# Considering wiring in a generator



## In 2 bikes (Apr 18, 2013)

I have a generator which is capable of running 240v power tools and / or supplying a feed to a home that has suffered a power cut so the house mains is back on line.

In a former life, a long time ago, I qualified as an electrician and I am aware of how to safely power up a house when required, the most important thing being to automatically isolate the house from the commercial supply when running a generator ( so the generator cannot back feed the grid and electrocute a line worker whilst he/she's up the pole in the street that they may assume is off.

In reality the generator set up is temporary as you only get the thing out, plugged in to the house and running when there's an outage. (there are more automatic systems but are generally very expensive and permanently wired in with automatic transfer switch gear which is usually above basic domestic use unless you suffer from outages a lot)

My question is, does anyone have any experience of rigging this set up to a home and did it involve the authorities in terms of having to notify them, or is it a case that only PT sparks are authorised to plug and play?

cheers


----------



## travelling-man (Jun 17, 2011)

I'm not sure if you want experience of the former or latter system but if the former, I just trip the main CB, then attach a lead from genny to socket & fire it up....... frankly, we get so few power cuts, it wouldn't be worth the expense of an auto system.


----------



## In 2 bikes (Apr 18, 2013)

travelling-man said:


> I'm not sure if you want experience of the former or latter system but if the former, I just trip the main CB, then attach a lead from genny to socket & fire it up....... frankly, we get so few power cuts, it wouldn't be worth the expense of an auto system.


Yep, sorry TM, I did mean the basic set up. I'm thinking of a 'commando' socket on a outside wall and a separate distribution board that becomes the fuse board for the selected circuits when the 'switch over' is made from the normal mains board and on to the genny supply.


----------



## travelling-man (Jun 17, 2011)

I've only got a small genny that's enough to power the central heating pump, modem TV & a few lights but all I do with mine is switch the mains CB off and plug it in.......... and for the VERY limited occasions I use it, it's fine like that. 

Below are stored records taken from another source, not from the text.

-- ===== src/Runtime/Server/Termination.antt =====
-- server/termination.rs, and `record_watcher_exit` of server/watcher.rs: how the end of a runtime
-- is recorded.
use littleorgans.Base.{ℕ, Bool, true, false, Option, none, some, ◌∷◌, if◌then◌else◌, contains}
use littleorgans.Base.Exec.{Result, ok, err}
use littleorgans.Base.Action.{pure, raise, ◌>>=◌, ◌>>◌}
use littleorgans.Runtime.Lifecycle.{
  Lifecycle, RuntimeEvent, RuntimeExit, TerminationEvidence, LostEvidence, is_ended, mark_exited,
  mark_lost, shim_exit, process_exit, shim_died_before_report,
}
use littleorgans.Runtime.Failure.{Failure, session_not_found, missing_pid}
use littleorgans.Runtime.Server.{
  Env, ServerState, Handler, ask, store_get, store_update_lifecycle, append_event, remove_watcher,
  forget_shim, terminated_event, lost_event,
}

abbrev pub event_for : Lifecycle → TerminationEvidence → RuntimeEvent
event_for l (TerminationEvidence.lost evidence) = lost_event l evidence
event_for l evidence = terminated_event l evidence

abbrev pub get_or_fail : ℕ → Option Lifecycle → Handler Lifecycle
get_or_fail i none = raise (session_not_found i)
get_or_fail i (some l) = pure l

module _ (env : Env) where
  -- `HashSet::insert` says whether the id was new.
  unfoldable pub first_end : ℕ → Handler Bool
  first_end i s =
      if contains i s.terminated_events
      then (ok false, s)
      else (ok true, record s { terminated_events = i ∷ s.terminated_events })

  unfoldable pub log_end : Lifecycle → TerminationEvidence → Bool → Handler (Option RuntimeEvent)
  log_end l evidence false = pure none
  log_end l evidence true = do event ← append_event env (event_for l evidence); pure (some event)

  unfoldable pub finish_terminal :
      ℕ → Lifecycle → TerminationEvidence → Handler (Option RuntimeEvent)
  unfolding first_end log_end
  finish_terminal i l evidence = do remove_watcher i; first ← first_end i; log_end l evidence first

  unfoldable pub settle_terminal :
      ℕ → TerminationEvidence → Lifecycle × Bool → Handler (Option RuntimeEvent)
  unfolding finish_terminal
  settle_terminal i evidence (l, false) = pure none
  settle_terminal i evidence (l, true) = do
    store_update_lifecycle env l
    finish_terminal i l evidence

  unfoldable pub record_terminal :
      ℕ → TerminationEvidence → (Lifecycle → Lifecycle × Bool) → Handler (Option RuntimeEvent)
  unfolding settle_terminal
  record_terminal i evidence mark = do
    found ← store_get env i
    l ← get_or_fail i found
    settle_terminal i evidence (mark l)

  abbrev pub forgetting :
      ℕ
      → Result Failure (Option RuntimeEvent) × ServerState
      → Result Failure (Option RuntimeEvent) × ServerState
  forgetting i (r, s) = (r, forget_shim i s)

  -- The shim is forgotten on failure too.
  unfoldable pub record_exited :
      ℕ → RuntimeExit → TerminationEvidence → Handler (Option RuntimeEvent)
  record_exited i exit evidence s =
      forgetting i (record_terminal i evidence (λ l. mark_exited l exit) s)

  unfoldable pub record_lost : ℕ → LostEvidence → Handler (Option RuntimeEvent)
  record_lost i evidence s =
      forgetting i
        (record_terminal i (TerminationEvidence.lost evidence) (λ l. mark_lost l evidence) s)

  unfoldable pub record_shim_exit : ℕ → RuntimeExit → Handler (Option RuntimeEvent)
  record_shim_exit i exit = record_exited i exit shim_exit

  -- A failed read counts as not terminal.
  abbrev pub ended_row : Option Lifecycle → Bool
  ended_row none = false
  ended_row (some l) = is_ended l.state

  abbrev pub ended_read :
      Result Failure (Option Lifecycle) × ServerState → Result Failure Bool × ServerState
  ended_read (ok found, s) = (ok (ended_row found), s)
  ended_read (err e, s) = (ok false, s)

  unfoldable pub is_terminal : ℕ → Handler Bool
  is_terminal i s = ended_read (store_get env i s)

  abbrev pub shim_pid_of : Option Lifecycle → Handler ℕ
  shim_pid_of none = raise missing_pid
  shim_pid_of (some l) = elim l.shim_pid [ none ↦ raise missing_pid | some pid ↦ pure pid ]

  unfoldable pub watcher_evidence : ℕ → Handler TerminationEvidence
  watcher_evidence i = do
    found ← store_get env i
    pid ← shim_pid_of found
    alive ← ask (λ n. env.pid_alive n pid)
    pure (if alive then process_exit else TerminationEvidence.lost shim_died_before_report)

  abbrev pub exit_by : ℕ → TerminationEvidence → Handler (Option RuntimeEvent)
  exit_by i (TerminationEvidence.lost evidence) = record_lost i evidence
  exit_by i process_exit = record_exited i (record { code = none; signal = none }) process_exit
  exit_by i shim_exit = pure none

  abbrev pub exit_unless : ℕ → Bool → Handler (Option RuntimeEvent)
  exit_unless i true = pure none
  exit_unless i false = do evidence ← watcher_evidence i; exit_by i evidence

  -- What a watcher does when its process has ended.
  unfoldable pub record_watcher_exit : ℕ → Handler (Option RuntimeEvent)
  record_watcher_exit i = do ended ← is_terminal i; exit_unless i ended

FWIW, I think I've used mine just 3 times in 2 years.


----------



## BodgieMcBodge (Mar 8, 2013)

Get a two pole two way "break before make" mains isolator and fit a spur through some MCBs just for the generator. Make sure the generator has a sufficient earth, don't connect your generator directly to the house wiring.


----------



## In 2 bikes (Apr 18, 2013)

BodgieMcBodge said:


> Get a two pole two way "break before make" mains isolator and fit a spur through some MCBs just for the generator. Make sure the generator has a sufficient earth, don't connect your generator directly to the house wiring.


Got it...cheers.


----------